* **Assigned task**
Keep only the lines that hold the string "from", filtering out the rest of the entries below.

[Collected data]
::::::::::

-- ===== src/Common/Text.antt =====
-- Text as a list of byte codes, as `std::string` and C strings are.
use Prim.Native.Char.{code}
use Prim.Native.String.{String}
use Prim.Native.Nat.{ℕ, zero, suc, ◌+◌, ◌/◌, ◌%◌}
use mathlib.Core.Path.{◌≡◌, refl}
use mathlib.Core.Logic.{◌↔◌}
use mathlib.Core.Bool.{Bool, true, false, ◌&&◌}
use mathlib.Core.Option
use mathlib.Core.Option.{Option, none, some}
use mathlib.Core.List.{List, [], ◌∷◌, map}
use native.Mathlib.Omega.{arith}
use npupnp.Common.Tests.{◌==◌, leb, if◌then◌else◌}
use npupnp.Common.Lists.{take, drop, null}

abbrev pub Bytes : Type 0
Bytes = List ℕ

-- The code points of a literal: its bytes, if it is ASCII.
abbrev pub codes : String → Bytes
codes String.[] = []
codes (String.◌∷◌ c s) = code c ∷ codes s

unfoldable pub equal : Bytes → Bytes → Bool
equal [] t = null t
equal (c ∷ s) [] = false
equal (c ∷ s) (d ∷ t) = c == d && equal s t

pub equal_iff : (s t : Bytes) → (equal s t ≡ true) ↔ (s ≡ t)
unfolding equal
equal_iff [] [] = ground arith
equal_iff [] (d ∷ t) = ground arith
equal_iff (c ∷ s) [] = ground arith
equal_iff (c ∷ s) (d ∷ t) = ground (arith, equal_iff s t)

pub equal_refl : (a : Bytes) → equal a a ≡ true
equal_refl a = (equal_iff a a).1 refl

-- `tolower` in the C locale.
unfoldable pub to_lower : ℕ → ℕ
to_lower c = if leb b'A' c && leb c b'Z' then c + 32 else c

-- `strcasecmp(a, b) == 0`.
unfoldable pub equal_nocase : Bytes → Bytes → Bool
unfolding equal to_lower
equal_nocase a b = equal (map to_lower a) (map to_lower b)

-- `strncmp(s, prefix, strlen(prefix)) == 0`.
unfoldable pub starts_with : Bytes → Bytes → Bool
starts_with [] s = true
starts_with (p ∷ ps) [] = false
starts_with (p ∷ ps) (c ∷ s) = p == c && starts_with ps s

-- `strchr` and `std::string::find`: the first position of a byte.
unfoldable pub index_of : ℕ → Bytes → Option ℕ
index_of b [] = none
index_of b (c ∷ s) = let later = Option.map suc (index_of b s) in if c == b then some 0 else later

-- `std::string::rfind`: the last position of a byte.
unfoldable pub last_index_of : ℕ → Bytes → Option ℕ
last_index_of b [] = none
last_index_of b (c ∷ s) = elim (last_index_of b s) [
  | some i ↦ some (suc i)
  | none ↦ if c == b then some 0 else none
]

-- `std::string::back`, with a default for the empty text.
abbrev pub last_or : ℕ → Bytes → ℕ
last_or d [] = d
last_or d (c ∷ s) = last_or c s

abbrev pub first_or : ℕ → Bytes → ℕ
first_or d [] = d
first_or d (c ∷ s) = c

-- `std::string::pop_back`.
unfoldable pub pop_back : Bytes → Bytes
pop_back [] = []
pop_back (c ∷ []) = []
pop_back (c ∷ d ∷ s) = c ∷ pop_back (d ∷ s)

-- `std::string::substr(from, n)`.
abbrev pub substr : Bytes → ℕ → ℕ → Bytes
substr s from n = take n (drop from s)

-- The longest prefix of bytes that pass, and what follows it.
unfoldable pub span : (ℕ → Bool) → Bytes → Bytes × Bytes
span p [] = ([], [])
span p (c ∷ s) = let (a, b) = span p s in if p c then (c ∷ a, b) else ([], c ∷ s)

-- The decimal digits of a number, as `operator<<` writes them. There are fewer digits than the
-- fuel, one more than the number.
show_loop : ℕ → ℕ → Bytes → Bytes
show_loop zero n acc = acc
show_loop (suc fuel) n acc =
    let digits = (b'0' + n % 10) ∷ acc in
    let more = show_loop fuel (n / 10) digits in if n / 10 == 0 then digits else more

unfoldable pub show_ℕ : ℕ → Bytes
unfolding show_loop
show_ℕ n = show_loop (suc n) n []
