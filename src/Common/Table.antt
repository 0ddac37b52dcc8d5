-- ===== src/Common/Table.antt =====
-- Association lists over a Boolean key test.
use Prim.Native.Nat.{ℕ, suc}
use mathlib.Core.Bool.{Bool}
use mathlib.Core.Option
use mathlib.Core.List.{List, [], ◌∷◌}
use mathlib.Core.Option.{Option, none, some}
use npupnp.Common.Tests.{if◌then◌else◌}

-- The first entry that passes, as `std::find_if` returns it.
abbrev pub find_if {ℓ} : {A : Type ℓ} → (A → Bool) → List A → Option A
find_if p [] = none
find_if p (x ∷ xs) = if p x then some x else find_if p xs

-- Its position.
abbrev pub find_index {ℓ} : {A : Type ℓ} → (A → Bool) → List A → Option ℕ
find_index p [] = none
find_index p (x ∷ xs) =
    let later = Option.map suc (find_index p xs) in if p x then some 0 else later
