-- ===== src/HttpUtils/Headers.antt =====
-- A `std::map` of header names and values: the pairs, with the last write for a name in front.
-- A search of the list by `find_header` is the map's `find`.
use npupnp.Common.{◌≡◌, Option, none, some, List, [], ◌∷◌, ◌++◌, if◌then◌else◌, Bytes, equal, arith}

unfoldable pub find_header : Bytes → List (Bytes × Bytes) → Option Bytes
unfolding equal
find_header name [] = none
find_header name ((n, v) ∷ more) = if equal n name then some v else find_header name more

-- `headers[name] = value`.
abbrev pub put_header : Bytes → Bytes → List (Bytes × Bytes) → List (Bytes × Bytes)
put_header name value headers = (name, value) ∷ headers

-- `headers.insert(first, last)`: a name that is there keeps its value.
abbrev pub insert_headers : List (Bytes × Bytes) → List (Bytes × Bytes) → List (Bytes × Bytes)
insert_headers more headers = headers ++ more

pub find_header-put_header :
    (asked name value : Bytes) (headers : List (Bytes × Bytes))
    → find_header asked (put_header name value headers)
      ≡ (if equal name asked then some value else find_header asked headers)
unfolding find_header
find_header-put_header asked name value headers = ground arith
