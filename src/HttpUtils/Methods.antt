-- ===== src/HttpUtils/Methods.antt =====
-- The tables of methods and header names of httputils.cpp.
use npupnp.Common.{
  ℕ, Option, none, some, List, [], ◌∷◌, if◌then◌else◌, Bytes, codes, equal, ℤ, pos, minus_one,
}

-- `http_method_t`.
pub data HttpMethod : Type 0 where
  httpmethod_post httpmethod_mpost httpmethod_subscribe : HttpMethod
  httpmethod_unsubscribe httpmethod_notify httpmethod_get httpmethod_head : HttpMethod
  httpmethod_msearch httpmethod_unknown soapmethod_post httpmethod_simpleget : HttpMethod

-- The value for a key, in a table written as a list.
unfoldable pub lookup {ℓ} : {A : Type ℓ} → Bytes → List (Bytes × A) → Option A
unfolding equal
lookup key [] = none
lookup key ((k, v) ∷ more) = if equal k key then some v else lookup key more

abbrev http_method_table : List (Bytes × HttpMethod)
http_method_table =
    (codes "GET", httpmethod_get)
    ∷ (codes "HEAD", httpmethod_head)
    ∷ (codes "M-POST", httpmethod_mpost)
    ∷ (codes "M-SEARCH", httpmethod_msearch)
    ∷ (codes "NOTIFY", httpmethod_notify)
    ∷ (codes "POST", httpmethod_post)
    ∷ (codes "SUBSCRIBE", httpmethod_subscribe)
    ∷ (codes "UNSUBSCRIBE", httpmethod_unsubscribe)
    ∷ (codes "SMPOST", soapmethod_post)
    ∷ []

unfoldable pub httpmethod_str2enum : Bytes → HttpMethod
unfolding lookup
httpmethod_str2enum methname = elim (lookup methname http_method_table) [
  | none ↦ httpmethod_unknown
  | some m ↦ m
]

abbrev http_header_names : List (Bytes × ℕ)
http_header_names =
    (codes "accept", 25)
    ∷ (codes "accept-charset", 27)
    ∷ (codes "accept-encoding", 26)
    ∷ (codes "accept-language", 28)
    ∷ (codes "accept-ranges", 29)
    ∷ (codes "cache-control", 1)
    ∷ (codes "callback", 2)
    ∷ (codes "content-encoding", 30)
    ∷ (codes "content-language", 31)
    ∷ (codes "content-length", 3)
    ∷ (codes "content-location", 32)
    ∷ (codes "content-range", 33)
    ∷ (codes "content-type", 4)
    ∷ (codes "date", 5)
    ∷ (codes "ext", 6)
    ∷ (codes "host", 7)
    ∷ (codes "if-range", 34)
    ∷ (codes "location", 11)
    ∷ (codes "man", 12)
    ∷ (codes "mx", 13)
    ∷ (codes "nt", 14)
    ∷ (codes "nts", 15)
    ∷ (codes "range", 35)
    ∷ (codes "seq", 17)
    ∷ (codes "server", 16)
    ∷ (codes "sid", 18)
    ∷ (codes "soapaction", 19)
    ∷ (codes "st", 20)
    ∷ (codes "te", 36)
    ∷ (codes "timeout", 21)
    ∷ (codes "transfer-encoding", 22)
    ∷ (codes "user-agent", 24)
    ∷ (codes "usn", 23)
    ∷ []

-- The number of a header's name, which is in lower case; -1 for a name that is not known.
unfoldable pub httpheader_str2int : Bytes → ℤ
unfolding lookup
httpheader_str2int headername = elim (lookup headername http_header_names) [
  | none ↦ minus_one
  | some n ↦ pos n
]

abbrev pub hdr_accept_language : ℤ
hdr_accept_language = pos 28
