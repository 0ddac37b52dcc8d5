-- ===== src/Uri/Chars.antt =====
-- The C library's character classes and `atoi` in the C locale, `h2d` of uri.cpp, and
-- `upnp_strlcpy` of src/utils/genut.cpp.
use npupnp.Common.{
  ℕ, zero, suc, ◌+◌, ◌-◌, ◌*◌, ◌%◌, ◌^◌, ◌≡◌, ◌<◌, refl, min, Bool, ◌&&◌, ◌||◌, Option, none, some,
  [], ◌∷◌, ◌==◌, leb, if◌then◌else◌, Bytes, span, length, take, arith, ap,
}

abbrev pub within : ℕ → ℕ → ℕ → Bool
within lo hi c = leb lo c && leb c hi

unfoldable pub is_digit : ℕ → Bool
is_digit c = within b'0' b'9' c

unfoldable pub is_alpha : ℕ → Bool
is_alpha c = within b'a' b'z' c || within b'A' b'Z' c

unfoldable pub is_alnum : ℕ → Bool
unfolding is_digit is_alpha
is_alnum c = is_digit c || is_alpha c

unfoldable pub is_space : ℕ → Bool
is_space c = c == b' ' || within 9 13 c

unfoldable pub decimal : ℕ → Bytes → ℕ
decimal acc [] = acc
decimal acc (c ∷ s) = decimal (acc * 10 + (c - b'0')) s

-- The digits at the head of a text, as a number.
abbrev digits_value : Bytes → ℕ
digits_value s = decimal 0 (span is_digit s).0

-- `strtol` stops at the bounds of its 64-bit result; `atoi` keeps the low 32 bits of it, here as
-- the bit pattern.
atoi_signed : Bytes → ℕ
unfolding decimal is_digit span
atoi_signed [] = 0
atoi_signed (c ∷ s) =
    if c == b'-'
    then (2 ^ 64 - min (digits_value s) (2 ^ 63)) % 2 ^ 32
    else if c == b'+'
    then min (digits_value s) (2 ^ 63 - 1) % 2 ^ 32
    else min (digits_value (c ∷ s)) (2 ^ 63 - 1) % 2 ^ 32

unfoldable pub atoi : Bytes → ℕ
unfolding atoi_signed is_space span
atoi s = atoi_signed (span is_space s).1

-- `none` is the code's -1.
unfoldable pub h2d : ℕ → Option ℕ
h2d c =
    if within b'0' b'9' c
    then some (c - b'0')
    else if within b'A' b'F' c
    then some (10 + (c - b'A'))
    else none

-- The copying loop of `upnp_strlcpy`: what was copied, the rest of the source, and `cnt`.
strlcpy_loop : Bytes → ℕ → Bytes × Bytes × ℕ
strlcpy_loop [] cnt = ([], [], cnt)
strlcpy_loop (c ∷ s) zero = ([], c ∷ s, zero)
strlcpy_loop (c ∷ s) (suc cnt) = let (out, rest, left) = strlcpy_loop s cnt in (c ∷ out, rest, left)

-- The target's text up to its final zero, and the number returned.
unfoldable pub upnp_strlcpy : Bytes → ℕ → Bytes × ℕ
unfolding strlcpy_loop
upnp_strlcpy src dsize =
    if dsize == 0
    then ([], length src + 1)
    else let (out, rest, cnt) = strlcpy_loop src dsize in
      if cnt == 0
      then (take (dsize - 1) out, dsize + length rest - cnt + 1)
      else (out, dsize - cnt + 1)

strlcpy_loop_lem :
    (s : Bytes) (n : ℕ)
    → ((strlcpy_loop s n).0 ≡ take n s)
      × (length (strlcpy_loop s n).1 + n ≡ length s + (strlcpy_loop s n).2)
      × (0 < (strlcpy_loop s n).2 → length (strlcpy_loop s n).1 ≡ 0)
unfolding strlcpy_loop
strlcpy_loop_lem [] zero = (refl, refl, λ _. refl)
strlcpy_loop_lem [] (suc n) = (refl, refl, λ _. refl)
strlcpy_loop_lem (c ∷ s) zero = (refl, omega arith, λ h. elim h [ ])
strlcpy_loop_lem (c ∷ s) (suc n) =
    let ih = strlcpy_loop_lem s n in (ap (◌∷◌ c) ih.0, omega (arith, ih.1), ih.2)

take-take_pred : (n : ℕ) (s : Bytes) → take n (take (suc n) s) ≡ take n s
take-take_pred zero s = refl
take-take_pred (suc n) [] = refl
take-take_pred (suc n) (c ∷ s) = ap (◌∷◌ c) (take-take_pred n s)

take-all : (n : ℕ) (s : Bytes) → length s < suc n → take n s ≡ s
take-all zero [] h = refl
take-all zero (c ∷ s) h = absurd (omega arith)
take-all (suc n) [] h = refl
take-all (suc n) (c ∷ s) h = ap (◌∷◌ c) (take-all n s (omega arith))

take-suc-all : (n : ℕ) (s : Bytes) → length s < suc n → take (suc n) s ≡ take n s
take-suc-all n s h = rw (take-all n s h) (take-all (suc n) s (omega arith))

-- In a buffer with room for one byte and more, `upnp_strlcpy` keeps the longest prefix of the
-- source that leaves room for the final zero, and returns the room that the whole source would
-- need.
pub upnp_strlcpy_lem :
    (src : Bytes) (n : ℕ) → upnp_strlcpy src (suc n) ≡ (take n src, length src + 1)
unfolding upnp_strlcpy
upnp_strlcpy_lem src n =
    ground (arith, strlcpy_loop_lem src (suc n), take-take_pred n src, take-suc-all n src)
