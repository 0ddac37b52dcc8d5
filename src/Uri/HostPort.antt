-- ===== src/Uri/HostPort.antt =====
-- `parse_hostport` of uri.cpp. The resolver and `inet_pton` are arguments.
pub mod Bounds
use npupnp.Common.{
  ℕ, zero, suc, ◌+◌, ◌-◌, ◌%◌, ◌^◌, ◌≡◌, ◌≤◌, ◌<◌, refl, Bool, true, false, not, ◌&&◌, ◌||◌, Option,
  none, some, List, [], ◌∷◌, ◌++◌, ◌==◌, if◌then◌else◌, Bytes, span, index_of, last_index_of,
  length, take, drop, first_or, null, arith, Option-cases,
}
use npupnp.Uri.Chars.{is_digit, is_alnum, atoi, upnp_strlcpy}

pub data Family : Type 0 where
  af_unspec af_inet af_inet6 : Family

-- What the code reads and writes of a `sockaddr_storage`.
pub record SockAddr : Type 0 where
  pub family : Family
  pub addr : Bytes
  pub port : ℕ
  pub scope_id : ℕ

abbrev pub no_address : SockAddr
no_address = record { family = af_unspec; addr = []; port = 0; scope_id = 0 }

-- `getaddrinfo` (`none` if it fails, else the addresses of its list that are of either family, in
-- order) and `inet_pton` for the two families (`none` for a result that is not positive).
pub record Resolver : Type 0 where
  pub getaddrinfo : Bytes → Option (List SockAddr)
  pub inet_pton4 : Bytes → Option Bytes
  pub inet_pton6 : Bytes → Option Bytes

pub record HostPort : Type 0 where
  pub text : Bytes
  pub strhost : Bytes
  pub hostisname : Bool
  pub strport : Bytes
  pub ip_address : SockAddr

abbrev pub no_hostport : HostPort
no_hostport = record {
  text = [];
  strhost = [];
  hostisname = false;
  strport = [];
  ip_address = no_address;
}

-- What the first half of the function finds: the host, whether a port follows, the text behind
-- the host (and its colon), and the bytes used so far.
pub record Host : Type 0 where
  pub name : Bytes
  pub af : Family
  pub isname : Bool
  pub resolved : SockAddr
  pub has_port : Bool
  pub rest : Bytes
  pub used : ℕ

is_host_char : ℕ → Bool
is_host_char c = is_alnum c || c == b'.' || c == b'-'

-- The byte behind the last dot of the name, where zero ends the name.
after_last_dot : Bytes → ℕ
after_last_dot name = elim (last_index_of b'.' name) [
  | none ↦ 0
  | some i ↦ first_or 0 (drop (suc i) name)
]

-- `getaddrinfo` is asked but for `noresolve`; without a usable address the URL is refused.
resolve : Resolver → Bool → Bytes → Option SockAddr
resolve r true name = some no_address
resolve r false name = elim (r.getaddrinfo name) [
  | none ↦ none
  | some found ↦ elim found [ [] ↦ none | a ∷ more ↦ some a ]
]

-- Behind a bracketed address: the closing bracket is needed.
bracketed : Bytes → Bytes → Option Host
bracketed name [] = none
bracketed name (close ∷ rest) =
    let colon = first_or 0 rest == b':' in
    some (record {
      name = name;
      af = af_inet6;
      isname = false;
      resolved = no_address;
      has_port = colon;
      rest = if colon then drop 1 rest else rest;
      used = if colon then length name + 3 else length name + 2;
    })

plain : Resolver → Bool → Bytes → Bytes → Option Host
unfolding after_last_dot resolve
plain r noresolve name rest =
    let colon = first_or 0 rest == b':' in
    let host : Family → Bool → SockAddr → Host = λ af isname a. record {
      name = name;
      af = af;
      isname = isname;
      resolved = a;
      has_port = colon;
      rest = if colon then drop 1 rest else rest;
      used = if colon then length name + 1 else length name;
    } in
    if is_digit (after_last_dot name)
    then some (host af_inet false no_address)
    else elim (resolve r noresolve name) [ none ↦ none | some a ↦ some (host af_unspec true a) ]

parse_host : Resolver → Bool → Bytes → Option Host
unfolding bracketed plain is_host_char
parse_host r noresolve s =
    if first_or 0 s == b'['
    then (let (name, rest) = span (λ c. not (c == b']')) (drop 1 s) in bracketed name rest)
    else let (name, rest) = span is_host_char s in plain r noresolve name rest

-- The port's digits and its number; `none` for a port of 0. The number is cut to 16 bits.
parse_port : Host → Option (Bytes × ℕ)
parse_port h =
    if h.has_port
    then (let port = atoi h.rest % 2 ^ 16 in
        if port == 0 then none else some ((span is_digit h.rest).0, port))
    else some ([], 80)

-- The scope index behind `%`, which may be written `%25`.
scope_index : Bytes → ℕ
scope_index s =
    if first_or 0 s == b'2' && first_or 0 (drop 1 s) == b'5' && is_digit (first_or 0 (drop 2 s))
    then atoi (drop 2 s)
    else atoi s

inet6_address : Resolver → Bytes → ℕ → Option SockAddr
unfolding scope_index
inet6_address r name port =
    let at : Bytes = elim (index_of b'%' name) [ none ↦ name | some i ↦ take i name ] in
    let scope : ℕ = elim (index_of b'%' name) [
      | none ↦ 0
      | some i ↦ scope_index (drop (suc i) name)
    ] in
    elim (r.inet_pton6 at) [
      | none ↦ none
      | some a ↦ some (record { family = af_inet6; addr = a; port = port; scope_id = scope })
    ]

-- The switch on the family.
fill_address : Resolver → Host → Family → ℕ → Option SockAddr
unfolding inet6_address
fill_address r h af_inet port = elim (r.inet_pton4 h.name) [
  | none ↦ none
  | some a ↦ some (record { family = af_inet; addr = a; port = port; scope_id = 0 })
]
fill_address r h af_inet6 port = inet6_address r h.name port
fill_address r h af_unspec port = some (record h.resolved { port = port })

-- The result and the number of bytes that host and port take; `none` for `UPNP_E_INVALID_URL`.
-- The function works on a copy of 255 bytes at most.
unfoldable pub parse_hostport : Resolver → Bool → Bytes → Option (HostPort × ℕ)
unfolding parse_host parse_port fill_address
parse_hostport r noresolve s = elim (parse_host r noresolve (upnp_strlcpy s 256).0) [
  | none ↦ none
  | some h ↦ elim (parse_port h) [
    | none ↦ none
    | some (digits, port) ↦ elim (fill_address r h h.af port) [
      | none ↦ none
      | some a ↦
          let size = h.used + length digits in
          some (
            record {
              text = take size s;
              strhost = h.name;
              hostisname = h.isname;
              strport = digits;
              ip_address = a;
            },
            size,
          )
    ]
  ]
]
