-- ===== src/Dispatcher.antt =====
-- src/dispatcher/miniserver.cpp: how a request is built up, checked, and given to the web server,
-- SOAP or GENA.
pub mod Hosts
pub mod Answer
pub mod Fields
pub mod Checked
pub mod Uploads
pub mod Ports
use npupnp.Common.{
  ℕ, Bool, true, false, Option, none, some, List, [], ◌∷◌, ◌++◌, if◌then◌else◌, Bytes, codes, map,
  to_lower, is_some,
}
use npupnp.HttpUtils.Headers.{find_header, put_header}
use npupnp.HttpUtils.Methods.{
  HttpMethod, httpmethod_get, httpmethod_head, httpmethod_mpost, httpmethod_msearch,
  httpmethod_notify, httpmethod_post, httpmethod_subscribe, httpmethod_unsubscribe,
  httpmethod_unknown, soapmethod_post, lookup,
}
use npupnp.Uri.HostPort.{SockAddr}

-- `MHDTransaction`, less the response.
pub record Request : Type 0 where
  pub method : HttpMethod
  pub url : Bytes
  pub headers : List (Bytes × Bytes)
  pub query_values : List (Bytes × Bytes)
  pub postdata : Bytes
  pub client_address : SockAddr

-- A field whose name is there is added behind a comma. `stringtolower` is ASCII's.
unfoldable pub headers_cb : Bytes → Bytes → List (Bytes × Bytes) → List (Bytes × Bytes)
unfolding find_header to_lower
headers_cb k value headers =
    let key : Bytes = map to_lower k in
    elim (find_header key headers) [
      | some before ↦ put_header key (before ++ codes "," ++ value) headers
      | none ↦ put_header key value headers
    ]

-- `MHD_get_connection_values` with this callback: all fields in order.
unfoldable pub collect : List (Bytes × Bytes) → List (Bytes × Bytes) → List (Bytes × Bytes)
unfolding headers_cb
collect [] headers = headers
collect ((k, value) ∷ fields) headers = collect fields (headers_cb k value headers)

-- The same with `queryvalues_cb`: a later value replaces an earlier one.
unfoldable pub collect_query : List (Bytes × Bytes) → List (Bytes × Bytes) → List (Bytes × Bytes)
collect_query [] values = values
collect_query ((key, value) ∷ fields) values = collect_query fields (put_header key value values)

abbrev strmethtometh : List (Bytes × HttpMethod)
strmethtometh =
    (codes "get", httpmethod_get)
    ∷ (codes "head", httpmethod_head)
    ∷ (codes "m-post", httpmethod_mpost)
    ∷ (codes "m-search", httpmethod_msearch)
    ∷ (codes "notify", httpmethod_notify)
    ∷ (codes "post", httpmethod_post)
    ∷ (codes "subscribe", httpmethod_subscribe)
    ∷ (codes "unsubscribe", httpmethod_unsubscribe)
    ∷ []

-- A POST with a SOAPACTION header is a SOAP request.
abbrev pub method_with : HttpMethod → Bool → HttpMethod
method_with httpmethod_post true = soapmethod_post
method_with m soapaction = m

unfoldable pub request_method : Bytes → List (Bytes × Bytes) → HttpMethod
unfolding lookup find_header to_lower
request_method method headers = elim (lookup (map to_lower method) strmethtometh) [
  | none ↦ httpmethod_unknown
  | some m ↦ method_with m (is_some (find_header (codes "soapaction") headers))
]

::::::::::

* **Response to this exercise**
-- `std::string::substr(from, n)`.
substr s from n = take n (drop from s)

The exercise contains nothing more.